Assigned task:
Spot each line in the records below where the word "antt" occurs, then copy it.

(Dataset entries)
Segment Open
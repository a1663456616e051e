-- ===== src/Page/Search.antt =====
-- The search of `page_znalloc` in src/page.c: it finds the first run of free pages long enough.
use ducreu_os.Base.{
  ℕ, zero, suc, ◌+◌, ◌-◌, ◌≡◌, ◌<◌, ◌≤◌, ◌==◌, leb, max, none, some, arith, false, Bool-cases,
  Option-cases, inl, inr,
}
use mathlib.Core.Path.{subst}
use native.Mathlib.Decide.{dec_le}
use ducreu_os.Base.Memory.{Mem}
use ducreu_os.Page.{is_taken, run_from, find_run}

-- pages `i`, …, `i + k - 1` are free
abbrev pub Free : Mem → ℕ → ℕ → ℕ → Type 0
Free m s i k = (x : ℕ) → x < k → is_taken m s (i + x) ≡ 0

-- A request for `n` pages can be met from page `i` on; a request for none takes one page.
pub record FreeRun (m : Mem) (s n total i : ℕ) : Type 0 where
  pub free : Free m s i (max n 1)
  pub fits : i + max n 1 ≤ total

Free-cons :
    (m : Mem) (s i k k' : ℕ) → k ≤ k' + 1 → is_taken m s i ≡ 0 → Free m s (i + 1) k' → Free m s i k
Free-cons m s i k k' le e f zero h = ground arith
Free-cons m s i k k' le e f (suc x) h = ground (arith, f x)

Free-tail : (m : Mem) (s i k k' : ℕ) → k' + 1 ≤ k → Free m s i k → Free m s (i + 1) k'
Free-tail m s i k k' le f x h = ground (arith, f (suc x))

-- What a run that was found looks like.
record Found (m : Mem) (s n j c rounds k : ℕ) : Type 0 where
  size : k ≡ max n (c + 1)
  fits : k ≤ c + rounds
  free : Free m s j (k - c)

run_from-Found :
    (rounds : ℕ) (m : Mem) (s n j c : ℕ) {k : ℕ}
    → run_from rounds m s n j c ≡ some k
    → Found m s n j c rounds k
unfolding run_from
run_from-Found zero m s n j c e = absurd (ground arith)
run_from-Found (suc rounds) m s n j c {k} e = elim (Bool-cases (is_taken m s j == 0)) [
  | inr taken ↦ absurd (ground arith)
  | inl clear ↦ elim (Bool-cases (leb n (c + 1))) [
    | inl enough ↦ record { size = ground arith; fits = ground arith; free = λ x h. ground arith }
    | inr short ↦
        let rest : Found m s n (j + 1) (c + 1) rounds k =
          run_from-Found rounds m s n (j + 1) (c + 1) (ground arith) in
        record {
          size = ground arith;
          fits = ground arith;
          free = Free-cons m s j (k - c) (k - (c + 1)) (omega arith) (ground arith) rest.free;
        }
  ]
]

run_from-none :
    (rounds : ℕ) (m : Mem) (s n j c : ℕ)
    → run_from rounds m s n j c ≡ none
    → max n (c + 1) ≤ c + rounds
    → Free m s j (max n (c + 1) - c)
    → ⊥
unfolding run_from
run_from-none zero m s n j c e fits f = omega arith
run_from-none (suc rounds) m s n j c e fits f = elim (Bool-cases (is_taken m s j == 0)) [
  | inr taken ↦ ground (arith, f 0)
  | inl clear ↦ elim (Bool-cases (leb n (c + 1))) [
    | inl enough ↦ ground arith
    | inr short ↦
        run_from-none rounds m s n (j + 1) (c + 1) (ground arith) (ground arith)
          (Free-tail m s j (max n (c + 1) - c) (max n (c + 1 + 1) - (c + 1)) (ground arith) f)
  ]
]

-- The search reports the first page below `total / 10` from which the request can be met.
pub record First (m : Mem) (s n total i p k : ℕ) : Type 0 where
  pub size : k ≡ max n 1
  pub after : i ≤ p
  pub run : FreeRun m s n total p
  pub first : (q : ℕ) → i ≤ q → q < p → ¬ (FreeRun m s n total q)

not_taken : (m : Mem) (s n total i : ℕ) → (is_taken m s i == 0) ≡ false → ¬ (FreeRun m s n total i)
not_taken m s n total i e r = ground (arith, r.free 0)

no_run :
    (m : Mem) (s n total i : ℕ) → run_from (total - i) m s n i 0 ≡ none → ¬ (FreeRun m s n total i)
no_run m s n total i e r =
    run_from-none (total - i) m s n i 0 e (omega (arith, r.fits)) (λ x h. r.free x (omega arith))

First-next :
    (m : Mem) (s n total i : ℕ) {p k : ℕ}
    → ¬ (FreeRun m s n total i)
    → First m s n total (i + 1) p k
    → First m s n total i p k
First-next m s n total i {p} {k} skip f = record {
  size = f.size;
  after = omega (arith, f.after);
  run = f.run;
  first = λ q le lt r. elim (dec_le q i) [
    | yes e ↦ skip (subst (FreeRun m s n total) (omega arith) r)
    | no ne ↦ f.first q (omega arith) lt r
  ];
}

hit_First :
    (m : Mem) (s n total i k : ℕ)
    → run_from (total - i) m s n i 0 ≡ some k
    → First m s n total i i k
hit_First m s n total i k e =
    let found = run_from-Found (total - i) m s n i 0 e in
    record {
      size = omega (arith, found.size);
      after = omega arith;
      run = record {
        free = λ x h. found.free x (omega (arith, found.size));
        fits = omega (arith, found.size, found.fits);
      };
      first = λ q le lt r. omega arith;
    }

pub find_run-First :
    (rounds : ℕ) (m : Mem) (s n total i : ℕ) {p k : ℕ}
    → find_run rounds m s n total i ≡ some (p, k)
    → First m s n total i p k × (p < i + rounds)
unfolding find_run
find_run-First zero m s n total i e = absurd (ground arith)
find_run-First (suc rounds) m s n total i {p} {k} e = elim (Bool-cases (is_taken m s i == 0)) [
  | inr taken ↦
      let rest : First m s n total (i + 1) p k × (p < i + 1 + rounds) =
        find_run-First rounds m s n total (i + 1) (ground arith) in
      (First-next m s n total i (not_taken m s n total i taken) rest.0, omega (arith, rest.1))
  | inl clear ↦ elim (Option-cases (run_from (total - i) m s n i 0)) [
    | inl stuck ↦
        let rest : First m s n total (i + 1) p k × (p < i + 1 + rounds) =
          find_run-First rounds m s n total (i + 1) (ground arith) in
        (First-next m s n total i (no_run m s n total i stuck) rest.0, omega (arith, rest.1))
    | inr (c, hit) ↦
        let ep : i ≡ p = ground arith in
        let ek : c ≡ k = ground arith in
        (
          subst (λ a. First m s n total i a k) ep
              (subst (λ b. First m s n total i i b) ek (hit_First m s n total i c hit)),
          omega arith,
        )
  ]
]

find_run_rest :
    (rounds : ℕ) (m : Mem) (s n total i : ℕ)
    → find_run (suc rounds) m s n total i ≡ none
    → find_run rounds m s n total (i + 1) ≡ none
unfolding find_run
find_run_rest rounds m s n total i e = ground arith

find_run_head :
    (rounds : ℕ) (m : Mem) (s n total i : ℕ)
    → find_run (suc rounds) m s n total i ≡ none
    → ¬ (FreeRun m s n total i)
unfolding find_run
find_run_head rounds m s n total i e r = elim (Bool-cases (is_taken m s i == 0)) [
  | inr taken ↦ not_taken m s n total i taken r
  | inl clear ↦ no_run m s n total i (ground arith) r
]

pub find_run-none :
    (rounds : ℕ) (m : Mem) (s n total i : ℕ)
    → find_run rounds m s n total i ≡ none
    → (q : ℕ) → i ≤ q
    → q < i + rounds
    → ¬ (FreeRun m s n total q)
unfolding find_run
find_run-none zero m s n total i e q le lt r = omega arith
find_run-none (suc rounds) m s n total i e q le lt r = elim (dec_le q i) [
  | no ne ↦
      find_run-none rounds m s n total (i + 1) (find_run_rest rounds m s n total i e) q
        (omega arith) (omega arith) r
  | yes le' ↦ find_run_head rounds m s n total i e (subst (FreeRun m s n total) (omega arith) r)
]
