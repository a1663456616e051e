-- ===== src/Page/WellFormed.antt =====
-- The page bookkeeping of src/page.c as a state of the heap: its invariant, and the blocks of
-- pages that it divides the heap into.
use ducreu_os.Base.{ℕ, zero, suc, ◌+◌, ◌-◌, ◌≡◌, ◌<◌, ◌≤◌, ◌==◌, arith, Bool-cases, inl, inr}
use ducreu_os.Base.Memory.{Mem}
use ducreu_os.Page.{is_taken, is_last}
use ducreu_os.Page.Bitmap.{IsBytes, is_last-lt}

-- Page 0, which holds the bits, is taken; a `last` page is taken; a taken page that is not `last`
-- is followed by a taken page. So every block ends inside the heap.
pub record IsWellFormed (m : Mem) (s total : ℕ) : Type 0 where
  pub bytes : IsBytes m
  pub first_taken : is_taken m s 0 ≡ 1
  pub last_taken : (p : ℕ) → p < total → is_last m s p ≡ 1 → is_taken m s p ≡ 1
  pub next_in : (p : ℕ) → p < total → is_taken m s p ≡ 1 → is_last m s p ≡ 0 → p + 1 < total
  pub next_taken :
      (p : ℕ) → p < total → is_taken m s p ≡ 1 → is_last m s p ≡ 0 → is_taken m s (p + 1) ≡ 1

-- Pages `l`, …, `l + k` are taken, and of these `l + k` alone is `last`.
pub record Block (m : Mem) (s l k : ℕ) : Type 0 where
  pub taken : (x : ℕ) → x ≤ k → is_taken m s (l + x) ≡ 1
  pub open_ : (x : ℕ) → x < k → is_last m s (l + x) ≡ 0
  pub closed : is_last m s (l + k) ≡ 1

Block-one : (m : Mem) (s l : ℕ) → is_taken m s l ≡ 1 → is_last m s l ≡ 1 → Block m s l 0
Block-one m s l t e =
    let z : l + 0 ≡ l = omega arith in
    record { taken = λ x h. ground arith; open_ = λ x h. elim h [ ]; closed = rw z e }

taken_from :
    (m : Mem) (s l k : ℕ)
    → is_taken m s l ≡ 1
    → ((x : ℕ) → x ≤ k → is_taken m s (l + 1 + x) ≡ 1)
    → (x : ℕ) → x ≤ suc k
    → is_taken m s (l + x) ≡ 1
taken_from m s l k t h zero le = ground arith
taken_from m s l k t h (suc x) le = ground (arith, h x)

open_from :
    (m : Mem) (s l k : ℕ)
    → is_last m s l ≡ 0
    → ((x : ℕ) → x < k → is_last m s (l + 1 + x) ≡ 0)
    → (x : ℕ) → x < suc k
    → is_last m s (l + x) ≡ 0
open_from m s l k t h zero le = ground arith
open_from m s l k t h (suc x) le = ground (arith, h x)

Block-suc :
    (m : Mem) (s l k : ℕ)
    → is_taken m s l ≡ 1
    → is_last m s l ≡ 0
    → Block m s (l + 1) k
    → Block m s l (suc k)
Block-suc m s l k t e b = record {
  taken = taken_from m s l k t b.taken;
  open_ = open_from m s l k e b.open_;
  closed = ground (arith, b.closed);
}

Block-in :
    (fuel : ℕ) (m : Mem) (s total l : ℕ)
    → IsWellFormed m s total
    → total - l ≤ fuel
    → l < total
    → is_taken m s l ≡ 1
    → (k : ℕ) × Block m s l k × (l + k < total)
Block-in zero m s total l w f lt t = absurd (omega arith)
Block-in (suc fuel) m s total l w f lt t = elim (Bool-cases (is_last m s l == 0)) [
  | inr last ↦ (0, Block-one m s l t (ground (arith, is_last-lt m s l)), omega arith)
  | inl inner ↦
      let e : is_last m s l ≡ 0 = ground arith in
      let (k, b, le) =
        Block-in fuel m s total (l + 1) w (omega arith) (w.next_in l lt t e)
          (w.next_taken l lt t e) in
      (suc k, Block-suc m s l k t e b, omega arith)
]

-- From every taken page of a well-formed heap a block runs, and it ends inside the heap.
pub Block-at :
    (m : Mem) (s total l : ℕ)
    → IsWellFormed m s total
    → l < total
    → is_taken m s l ≡ 1
    → (k : ℕ) × Block m s l k × (l + k < total)
Block-at m s total l w = Block-in total m s total l w (omega arith)
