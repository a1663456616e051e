-- ===== src/Page/Alloc.antt =====
-- `page_znalloc` of src/page.c: what an allocation changes, and when there is none.
use ducreu_os.Base.{
  ℕ, zero, suc, ◌+◌, ◌-◌, ◌*◌, ◌/◌, ◌%◌, ◌≡◌, ap, ◌∙◌, ◌⊎◌, ◌<◌, ◌≤◌, ◌==◌, max, if◌then◌else◌,
  none, some, true, arith, Option-cases, inl, inr,
}
use ducreu_os.Base.Memory.{Mem, within}
use ducreu_os.Base.Bits.{get_bit}
use ducreu_os.Utils.Memory.{memset}
use ducreu_os.Utils.Memory.Fill.{memset-within}
use ducreu_os.Page.{
  is_taken, is_last, set_last, take_pages, find_run, page_znalloc, page_size, round_up, total_pages,
  page_address,
}
use ducreu_os.Page.Bitmap.{
  IsBytes, set_last-IsBytes, is_taken-set_last, is_last-set_last, take_pages-IsBytes,
  is_taken-take_pages, is_last-take_pages,
}
use ducreu_os.Page.Search.{FreeRun, First, find_run-First, find_run-none}
use ducreu_os.Page.WellFormed.{IsWellFormed}

-- The bits of a page depend on one byte.
pub is_taken-congr :
    (m m' : Mem) (s q : ℕ) → m' (s + q / 4) ≡ m (s + q / 4) → is_taken m' s q ≡ is_taken m s q
unfolding is_taken
is_taken-congr m m' s q e = ap (λ b. get_bit b (2 * (q % 4))) e

pub is_last-congr :
    (m m' : Mem) (s q : ℕ) → m' (s + q / 4) ≡ m (s + q / 4) → is_last m' s q ≡ is_last m s q
unfolding is_last
is_last-congr m m' s q e = ap (λ b. get_bit b (2 * (q % 4) + 1)) e

module _ (start stop : ℕ) (m : Mem) (n : ℕ) where
  -- Page `i` begins the first run that is long enough; exactly its pages become taken, the end of
  -- the run alone becomes `last`, and its memory is zero.
  pub record Allocated (i : ℕ) (m' : Mem) : Type 0 where
    pub low : i < total_pages start stop / 10
    pub run : FreeRun m start n (total_pages start stop) i
    pub first : (q : ℕ) → q < i → ¬ (FreeRun m start n (total_pages start stop) q)
    pub bytes : IsBytes m'
    pub taken :
        (q : ℕ)
        → q < total_pages start stop
        → is_taken m' start q ≡ (if within i (max n 1) q then 1 else is_taken m start q)
    pub last :
        (q : ℕ)
        → q < total_pages start stop
        → is_last m' start q ≡ (if q == i + max n 1 - 1 then 1 else is_last m start q)
    pub zeroed :
        (a : ℕ) → within (page_address start stop i) (page_size * max n 1) a ≡ true → m' a ≡ 0

  -- The memory after the bits are set and the pages are cleared.
  abbrev pub written : ℕ → ℕ → Mem
  written i k =
      memset (set_last (take_pages k m start i) start (i + k - 1)) (page_address start stop i) 0
        (page_size * k)

  module _ (bytes : IsBytes m) (i k : ℕ) (pos : 0 < i) where
    written-IsBytes : IsBytes (written i k)
    written-IsBytes a = ground (
      arith,
      memset-within (set_last (take_pages k m start i) start (i + k - 1))
          (page_address start stop i) 0 (page_size * k) a,
      set_last-IsBytes (take_pages k m start i) start (i + k - 1)
          (take_pages-IsBytes k m start i bytes) a,
    )

    -- The pages lie behind the bytes that hold the bits.
    written_bits :
        (q : ℕ)
        → q < total_pages start stop
        → written i k (start + q / 4)
          ≡ set_last (take_pages k m start i) start (i + k - 1) (start + q / 4)
    written_bits q lt = ground (
      arith,
      memset-within (set_last (take_pages k m start i) start (i + k - 1))
          (page_address start stop i) 0 (page_size * k) (start + q / 4),
    )

    written_taken :
        (q : ℕ)
        → q < total_pages start stop
        → is_taken (written i k) start q ≡ (if within i k q then 1 else is_taken m start q)
    written_taken q lt =
        is_taken-congr _ _ start q (written_bits q lt)
        ∙ (is_taken-set_last (take_pages k m start i) start (i + k - 1) q
              (take_pages-IsBytes k m start i bytes)
            ∙ is_taken-take_pages k m start i q bytes)

    written_last :
        (q : ℕ)
        → q < total_pages start stop
        → is_last (written i k) start q ≡ (if q == i + k - 1 then 1 else is_last m start q)
    written_last q lt =
        is_last-congr _ _ start q (written_bits q lt)
        ∙ (is_last-set_last (take_pages k m start i) start (i + k - 1) q
              (take_pages-IsBytes k m start i bytes)
            ∙ ap (λ b. if q == i + k - 1 then 1 else b) (is_last-take_pages k m start i q bytes))

  not_first :
      (i : ℕ) → is_taken m start 0 ≡ 1 → FreeRun m start n (total_pages start stop) i → 0 < i
  not_first zero t r = absurd (ground (arith, r.free 0))
  not_first (suc i) t r = omega arith

  pub written-Allocated :
      (i k : ℕ)
      → IsBytes m
      → is_taken m start 0 ≡ 1
      → First m start n (total_pages start stop) 0 i k
      → i < total_pages start stop / 10
      → Allocated i (written i (max n 1))
  written-Allocated i k bytes t f low =
      let pos = not_first i t f.run in
      record {
        low = low;
        run = f.run;
        first = λ q lt. f.first q (omega arith) lt;
        bytes = written-IsBytes bytes i (max n 1) pos;
        taken = written_taken bytes i (max n 1) pos;
        last = written_last bytes i (max n 1) pos;
        zeroed = λ a h. ground (
          arith,
          memset-within (set_last (take_pages (max n 1) m start i) start (i + max n 1 - 1))
              (page_address start stop i) 0 (page_size * max n 1) a,
        );
      }

  znalloc_hit :
      (i k : ℕ)
      → find_run (total_pages start stop / 10) m start n (total_pages start stop) 0 ≡ some (i, k)
      → page_znalloc start stop m n ≡ (some (page_address start stop i), written i k)
  unfolding page_znalloc
  znalloc_hit i k e = rw (e, page_znalloc)

  znalloc_miss :
      find_run (total_pages start stop / 10) m start n (total_pages start stop) 0 ≡ none
      → page_znalloc start stop m n ≡ (none, m)
  unfolding page_znalloc
  znalloc_miss e = rw (e, page_znalloc)

  -- Either no page below a tenth of the heap begins a long enough run of free pages, and then the
  -- answer is NULL and the memory is as before, or the first such run is allocated.
  pub znalloc_cases :
      IsBytes m
      → is_taken m start 0 ≡ 1
      → ((page_znalloc start stop m n ≡ (none, m))
          × ((i : ℕ)
              → i < total_pages start stop / 10
              → ¬ (FreeRun m start n (total_pages start stop) i)))
        ⊎ ((i : ℕ) × (m' : Mem) × (page_znalloc start stop m n
              ≡ (some (page_address start stop i), m'))
            × Allocated i m')
  znalloc_cases bytes t =
      elim (Option-cases
        (find_run (total_pages start stop / 10) m start n (total_pages start stop) 0)) [
          | inl e ↦ inl (
            znalloc_miss e,
            λ i lt.
                find_run-none (total_pages start stop / 10) m start n (total_pages start stop) 0 e i
                  (omega arith) (omega arith),
          )
          | inr ((i, k), e) ↦
              let (f, low) =
                find_run-First (total_pages start stop / 10) m start n (total_pages start stop) 0
                  e in
              inr (
                i,
                written i (max n 1),
                znalloc_hit i k e
                    ∙ ap (λ x. (some (page_address start stop i), written i x)) f.size,
                written-Allocated i k bytes t f (omega arith),
              )
        ]

module _ (start stop : ℕ) (m : Mem) (n i : ℕ) (m' : Mem) where
  Allocated-IsWellFormed :
      IsWellFormed m start (total_pages start stop)
      → Allocated start stop m n i m'
      → IsWellFormed m' start (total_pages start stop)
  Allocated-IsWellFormed w a = record {
    bytes = a.bytes;
    first_taken = ground (arith, a.taken 0, w.first_taken, a.run.fits);
    last_taken = λ p lt e. ground (arith, a.taken p, a.last p, w.last_taken p, a.run.fits);
    next_in = λ p lt t e. ground (arith, a.taken p, a.last p, w.next_in p, a.run.fits);
    next_taken = λ p lt t e.
        ground
          (arith, a.taken p, a.taken (p + 1), a.last p, w.next_taken p, w.next_in p, a.run.fits);
  }

-- An allocation, successful or not, keeps the bookkeeping well formed.
pub znalloc-IsWellFormed :
    (start stop : ℕ) (m : Mem) (n : ℕ)
    → IsWellFormed m start (total_pages start stop)
    → IsWellFormed (page_znalloc start stop m n).1 start (total_pages start stop)
znalloc-IsWellFormed start stop m n w = elim (znalloc_cases start stop m n w.bytes w.first_taken) [
  | inl (e, _) ↦ rw e w
  | inr (i, m', e, a) ↦ rw e (Allocated-IsWellFormed start stop m n i m' w a)
]

-- the first tenth of the pages has addresses inside the heap
page_address_below :
    (start stop i : ℕ)
    → start ≤ stop
    → i < total_pages start stop / 10
    → page_address start stop i ≤ stop
page_address_below start stop i le low = omega arith

module _ (start stop n : ℕ) where
  -- the pages from the heap's start up to the end of `n` pages at the address of page `i`
  abbrev pub pages_up_to : ℕ → ℕ
  pages_up_to i = i + max n 1 + round_up (total_pages start stop / 4) / page_size

  abbrev pub end_address : ℕ → ℕ
  end_address i = page_address start stop i + page_size * max n 1

  -- Pages are counted from page 0, and addresses from behind the bookkeeping pages: an allocation
  -- that is not NULL lies inside the heap when its pages and the bookkeeping pages do; otherwise it
  -- ends behind the heap, and page_znalloc has cleared every byte from the heap's end up to its own.
  pub page_znalloc-overrun :
      (m : Mem)
      → start ≤ stop
      → IsBytes m
      → is_taken m start 0 ≡ 1
      → (page_znalloc start stop m n ≡ (none, m))
        ⊎ ((i : ℕ) × (m' : Mem) × (page_znalloc start stop m n
              ≡ (some (page_address start stop i), m'))
            × (0 < i)
            × (pages_up_to i ≤ total_pages start stop → end_address i ≤ stop)
            × (total_pages start stop < pages_up_to i
                → (stop < end_address i) × ((a : ℕ) → stop ≤ a → a < end_address i → m' a ≡ 0)))
  page_znalloc-overrun m le bytes t = elim (znalloc_cases start stop m n bytes t) [
    | inl (e, _) ↦ inl e
    | inr (i, m', e, a) ↦ inr (
      i,
      m',
      e,
      not_first start stop m n i t a.run,
      (λ fits. omega arith),
      λ over. (
        omega arith,
        λ b from upto. a.zeroed b (ground (arith, page_address_below start stop i le a.low)),
      ),
    )
  ]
Segment Closed
Result of the task:
-- ===== src/Page/Search.antt =====
-- ===== src/Page/WellFormed.antt =====
-- ===== src/Page/Alloc.antt =====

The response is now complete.